__Material provided__.
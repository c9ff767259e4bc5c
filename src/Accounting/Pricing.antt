-- ===== src/Accounting/Pricing.antt =====
-- internal/accounting/pricing.go: which price applies, and what a breakdown costs by it. A text is
-- the list of its code points, and floating-point numbers and their operations are given.
pub mod Last
use syrogo.Base.{
  ℕ, Bool, true, false, not, ◌&&◌, ◌||◌, List, [], ◌∷◌, ◌++◌, Option, none, some, if◌then◌else◌,
  ltb, ◌==◌, nat_eq, is_nil,
}
use syrogo.Runtime.{UsageBreakdown}
use syrogo.Router.Wildcard.{Bytes, bytes_eq}

-- `unicode.IsSpace`, and the floating-point numbers that the costs are computed with.
pub record CostLib : Type 1 where
  pub is_space : ℕ → Bool
  pub Float : Type 0
  pub zero_cost : Float
  pub is_positive : Float → Bool
  -- `float64(tokens) * rate / 1_000_000`.
  pub per_million_of : ℕ → Float → Float
  pub plus : Float → Float → Float

module _ (lib : CostLib) where
  pub record AccountingPrice : Type 0 where
    pub provider : Bytes
    pub model : Bytes
    pub input_per_million : lib.Float
    pub output_per_million : lib.Float
    pub cache_create_per_million : lib.Float
    pub cache_read_per_million : lib.Float

abbrev trim_left : (ℕ → Bool) → Bytes → Bytes
trim_left is_space [] = []
trim_left is_space (c ∷ s) = if is_space c then trim_left is_space s else c ∷ s

abbrev only_space : (ℕ → Bool) → Bytes → Bool
only_space is_space [] = true
only_space is_space (c ∷ s) = is_space c && only_space is_space s

abbrev trim_right : (ℕ → Bool) → Bytes → Bytes
trim_right is_space [] = []
trim_right is_space (c ∷ s) =
    let rest = trim_right is_space s in if only_space is_space (c ∷ s) then [] else c ∷ rest

-- `strings.TrimSpace`.
unfoldable pub trim_space : (ℕ → Bool) → Bytes → Bytes
trim_space is_space s = trim_right is_space (trim_left is_space s)

-- What follows the last `/`, where there is one.
unfoldable pub after_last_slash : Bytes → Option Bytes
after_last_slash [] = none
after_last_slash (c ∷ s) = elim (after_last_slash s) [
  | some rest ↦ some rest
  | none ↦ if c == b'/' then some s else none
]

abbrev pub backwards {ℓ} : {A : Type ℓ} → List A → List A
backwards [] = []
backwards (x ∷ xs) = backwards xs ++ x ∷ []

abbrev pub is_blank : Bytes → Bool
is_blank [] = true
is_blank (c ∷ s) = false

module _ (lib : CostLib) where
  -- The loop of `matchExact`, over the items from the last one on.
  unfoldable pub match_scan :
      Bytes
      → Bytes
      → Option (AccountingPrice lib)
      → List (AccountingPrice lib)
      → Option (AccountingPrice lib)
  unfolding bytes_eq
  match_scan provider model model_only [] = model_only
  match_scan provider model model_only (item ∷ items) =
      let found : Option (AccountingPrice lib) =
        if is_blank item.provider && is_nil model_only then some item else model_only in
      let skipped = match_scan provider model model_only items in
      let going_on = match_scan provider model found items in
      if not (bytes_eq item.model model)
      then skipped
      else if bytes_eq item.provider provider
      then some item
      else going_on

  unfoldable pub match_exact :
      List (AccountingPrice lib) → Bytes → Bytes → Option (AccountingPrice lib)
  unfolding match_scan
  match_exact items provider model = match_scan provider model none (backwards items)

  unfoldable pub match_price :
      List (AccountingPrice lib) → Bytes → Bytes → Option (AccountingPrice lib)
  unfolding match_exact trim_space after_last_slash
  match_price items provider model =
      elim (match_exact items (trim_space lib.is_space provider) (trim_space lib.is_space model)) [
        | some price ↦ some price
        | none ↦ elim (after_last_slash (trim_space lib.is_space model)) [
          | none ↦ none
          | some rest ↦ match_exact items [] (trim_space lib.is_space rest)
        ]
      ]

  unfoldable pub per_million : ℕ → lib.Float → lib.Float
  per_million tokens rate =
      if tokens == 0 || not (lib.is_positive rate)
      then lib.zero_cost
      else lib.per_million_of tokens rate

  unfoldable pub cost_usd_with_match :
      List (AccountingPrice lib) → Bytes → Bytes → UsageBreakdown → lib.Float × Bool
  unfolding match_price per_million
  cost_usd_with_match items provider model u = elim (match_price items provider model) [
    | none ↦ (lib.zero_cost, false)
    | some p ↦ (
      lib.plus
          (lib.plus
            (lib.plus (per_million u.input_tokens p.input_per_million)
              (per_million u.output_tokens p.output_per_million))
            (per_million u.cached_input_write_tokens p.cache_create_per_million))
          (per_million u.cached_input_read_tokens p.cache_read_per_million),
      true,
    )
  ]

  -- The built-in prices come first, so that the configured ones are found before them.
  unfoldable pub new_price_calculator :
      List (AccountingPrice lib) → List (AccountingPrice lib) → List (AccountingPrice lib)
  new_price_calculator built_in items = built_in ++ items
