-- ===== src/Accounting/Memory/Queries.antt =====
-- internal/accounting/memory.go: what the store answers.
use syrogo.Base.{
  ℕ, zero, suc, ◌+◌, ◌-◌, ◌/◌, String, Bool, not, ◌&&◌, ◌||◌, List, [], ◌∷◌, Option, none, some,
  if◌then◌else◌, ◌==◌, nat_eq, text_eq, is_empty, ltb, length, take, keep_if,
}
use syrogo.Base.Map.{lookup, insert}
use syrogo.Base.Sort.{text_less, sort_by}
use syrogo.Runtime.{UsageRecord}
use syrogo.Router.Order.{contains}
use syrogo.Config.Checks.{Message, plain, with_text}
use syrogo.Accounting.Pricing.{backwards}
use syrogo.Accounting.Memory.{
  UsageLib, StatsItem, Group, MemoryStore, usage_group_bys, bucket_key, group_at, groups_at,
  item_at, record_time,
}

pub record Query : Type 0 where
  pub group_by : String
  pub window : String
  pub bucket : String
  pub start_date : String
  pub end_date : String
  pub client_name : String

pub data QueryResult : Type 0 where
  items : List StatsItem → QueryResult
  query_error : Message → QueryResult

pub data DateRange : Type 0 where
  range : ℕ → ℕ → DateRange
  bad_range : Message → DateRange

abbrev supported_group_by : String → Bool
supported_group_by group_by = contains usage_group_bys group_by

abbrev supported_window : String → Bool
supported_window window = contains ("total" ∷ "day" ∷ "week" ∷ "month" ∷ []) window

-- The values of a Go map.
abbrev pub values : Group → List StatsItem
values [] = []
values ((key, i) ∷ group) = i ∷ values group

-- `sort.Slice` by the value.
unfoldable pub sorted_items : Group → List StatsItem
unfolding sort_by
sorted_items group =
    sort_by (λ (a : StatsItem) (b : StatsItem). text_less a.value b.value) (values group)

-- `AddDate(0, 0, 1)` in UTC, in nanoseconds.
abbrev pub day_length : ℕ
day_length = 86400000000000

module _ (lib : UsageLib) where
  unfoldable pub merge_stats_item : StatsItem → StatsItem → String → StatsItem
  merge_stats_item dst src value =
      let read = dst.cached_input_read_tokens + src.cached_input_read_tokens in
      let written = dst.cached_input_write_tokens + src.cached_input_write_tokens in
      record {
        value = value;
        date = if is_empty dst.date then src.date else dst.date;
        agent = if is_empty dst.agent then src.agent else dst.agent;
        session_id = if is_empty dst.session_id then src.session_id else dst.session_id;
        model = if is_empty dst.model then src.model else dst.model;
        request_count = dst.request_count + src.request_count;
        success_count = dst.success_count + src.success_count;
        error_count = dst.error_count + src.error_count;
        fallback_count = dst.fallback_count + src.fallback_count;
        input_tokens = dst.input_tokens + src.input_tokens;
        output_tokens = dst.output_tokens + src.output_tokens;
        cached_input_read_tokens = read;
        cached_input_write_tokens = written;
        cache_read_tokens = read;
        cache_create_tokens = written;
        total_tokens = dst.total_tokens + src.total_tokens;
        cost_usd = lib.add_cost dst.cost_usd src.cost_usd;
        provider_usage_count = dst.provider_usage_count + src.provider_usage_count;
        estimated_usage_count = dst.estimated_usage_count + src.estimated_usage_count;
        last_seen_at =
            if text_less dst.last_seen_at src.last_seen_at
            then src.last_seen_at
            else dst.last_seen_at;
      }

  unfoldable pub merge_into : String → StatsItem → Group → Group
  unfolding merge_stats_item insert lookup
  merge_into key item merged = insert key (merge_stats_item (item_at key merged) item key) merged

  unfoldable pub merge_group : String → String → Group → Group → Group
  unfolding merge_into
  merge_group group_by bucket [] merged = merged
  merge_group group_by bucket ((value, item) ∷ group) merged =
      merge_group group_by bucket group
        (merge_into (if group_by == "date" then bucket else value) item merged)

  -- The round of the loop for one day.
  unfoldable pub merge_day : MemoryStore → String → String → String → Group → Group
  unfolding merge_into merge_group lookup
  merge_day s group_by client_name bucket merged =
      if not (is_empty client_name)
      then elim (lookup client_name
          (group_at (bucket_key "day" bucket "key") (groups_at "day" s.windows))) [
            | none ↦ merged
            | some item ↦ merge_into bucket item merged
          ]
      else merge_group group_by bucket
          (group_at (bucket_key "day" bucket group_by) (groups_at "day" s.windows)) merged

  -- The loop over the days, with a round of fuel for each.
  unfoldable pub merge_days : MemoryStore → String → String → ℕ → ℕ → ℕ → Group → Group
  unfolding merge_day
  merge_days s group_by client_name zero day end merged = merged
  merge_days s group_by client_name (suc fuel) day end merged =
      if ltb day end
      then merge_days s group_by client_name fuel (day + day_length) end
          (merge_day s group_by client_name (lib.day_text day) merged)
      else merged

  unfoldable pub query_date_range : MemoryStore → String → String → ℕ → ℕ → List StatsItem
  unfolding merge_days sorted_items
  query_date_range s group_by client_name start end =
      sorted_items
        (merge_days s group_by client_name (suc ((end - start) / day_length)) start end [])

  -- A day whose text is the same when it is written again.
  unfoldable pub parse_date : String → Option ℕ
  parse_date value = elim (lib.parse_day value) [
    | none ↦ none
    | some t ↦ if not (lib.day_text t == value) then none else some t
  ]

  unfoldable pub parse_date_range : String → String → DateRange
  unfolding parse_date
  parse_date_range start_date end_date =
      if is_empty start_date || is_empty end_date
      then bad_range (plain "start_date and end_date must be provided together")
      else elim (parse_date start_date) [
        | none ↦ bad_range (plain "start_date must be a valid YYYY-MM-DD UTC date")
        | some start ↦ elim (parse_date end_date) [
          | none ↦ bad_range (plain "end_date must be a valid YYYY-MM-DD UTC date")
          | some end ↦
              if not (ltb start end)
              then bad_range (plain "start_date must be before end_date")
              else range start end
        ]
      ]

  -- The answer for a group and a window that are supported.
  unfoldable pub query_supported : MemoryStore → Query → String → String → QueryResult
  unfolding parse_date_range query_date_range sorted_items
  query_supported s q group_by window =
      if not (is_empty q.start_date) || not (is_empty q.end_date)
      then elim (parse_date_range q.start_date q.end_date) [
        | bad_range m ↦ query_error m
        | range start end ↦
            if not (window == "total") || not (is_empty q.bucket)
            then query_error (plain "start_date/end_date cannot be combined with window/bucket")
            else items (query_date_range s group_by q.client_name start end)
      ]
      else if window == "total"
      then items (sorted_items (group_at group_by s.totals))
      else if is_empty q.bucket
      then query_error (with_text (plain "bucket is required when window=%q") window)
      else items (
          sorted_items
            (group_at (bucket_key window q.bucket group_by) (groups_at window s.windows)))

  -- With the defaults for the group and the window.
  unfoldable pub query_defaulted : MemoryStore → Query → String → String → QueryResult
  unfolding query_supported
  query_defaulted s q group_by window =
      if not (supported_group_by group_by)
      then query_error (with_text (plain "unsupported group_by %q") group_by)
      else if not (supported_window window)
      then query_error (with_text (plain "unsupported window %q") window)
      else query_supported s q group_by window

  unfoldable pub query : MemoryStore → Query → QueryResult
  unfolding query_defaulted
  query s q =
      let has_legacy = not (is_empty q.window) || not (is_empty q.bucket) in
      let has_date_range = not (is_empty q.start_date) || not (is_empty q.end_date) in
      let named = not (is_empty q.client_name) in
      if named && not (q.group_by == "date")
      then query_error (plain "client_name requires group_by=date")
      else if named && not has_date_range
      then query_error (plain "client_name requires start_date and end_date")
      else if named && has_legacy
      then query_error
          (plain "client_name start_date/end_date cannot be combined with window/bucket")
      else query_defaulted s q (if is_empty q.group_by then "key" else q.group_by)
          (if is_empty q.window then "total" else q.window)

  -- `RecentRecords`: the loop runs backwards and takes up to `limit` records that are not before
  -- `since`, and they are turned round.
  unfoldable pub recent_records : MemoryStore → ℕ → ℕ → List UsageRecord
  unfolding record_time
  recent_records s since limit =
      let count = if limit == 0 || ltb (length s.recent) limit then length s.recent else limit in
      backwards (
        take count
          (keep_if (λ r. since == 0 || not (ltb (record_time lib r) since)) (backwards s.recent)))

__Work required__.
Repeat the material exactly. Begin with its first line and end with the line that has "pub zero_cost : Float".

__Task response__.
repository c9ff767259e4bc5c
filename src/Accounting/Pricing.antt
-- ===== src/Accounting/Pricing.antt =====
-- internal/accounting/pricing.go: which price applies, and what a breakdown costs by it. A text is
-- the list of its code points, and floating-point numbers and their operations are given.
pub mod Last
use syrogo.Base.{
  ℕ, Bool, true, false, not, ◌&&◌, ◌||◌, List, [], ◌∷◌, ◌++◌, Option, none, some, if◌then◌else◌,
  ltb, ◌==◌, nat_eq, is_nil,
}
use syrogo.Runtime.{UsageBreakdown}
use syrogo.Router.Wildcard.{Bytes, bytes_eq}

-- `unicode.IsSpace`, and the floating-point numbers that the costs are computed with.
pub record CostLib : Type 1 where
  pub is_space : ℕ → Bool
  pub Float : Type 0
  pub zero_cost : Float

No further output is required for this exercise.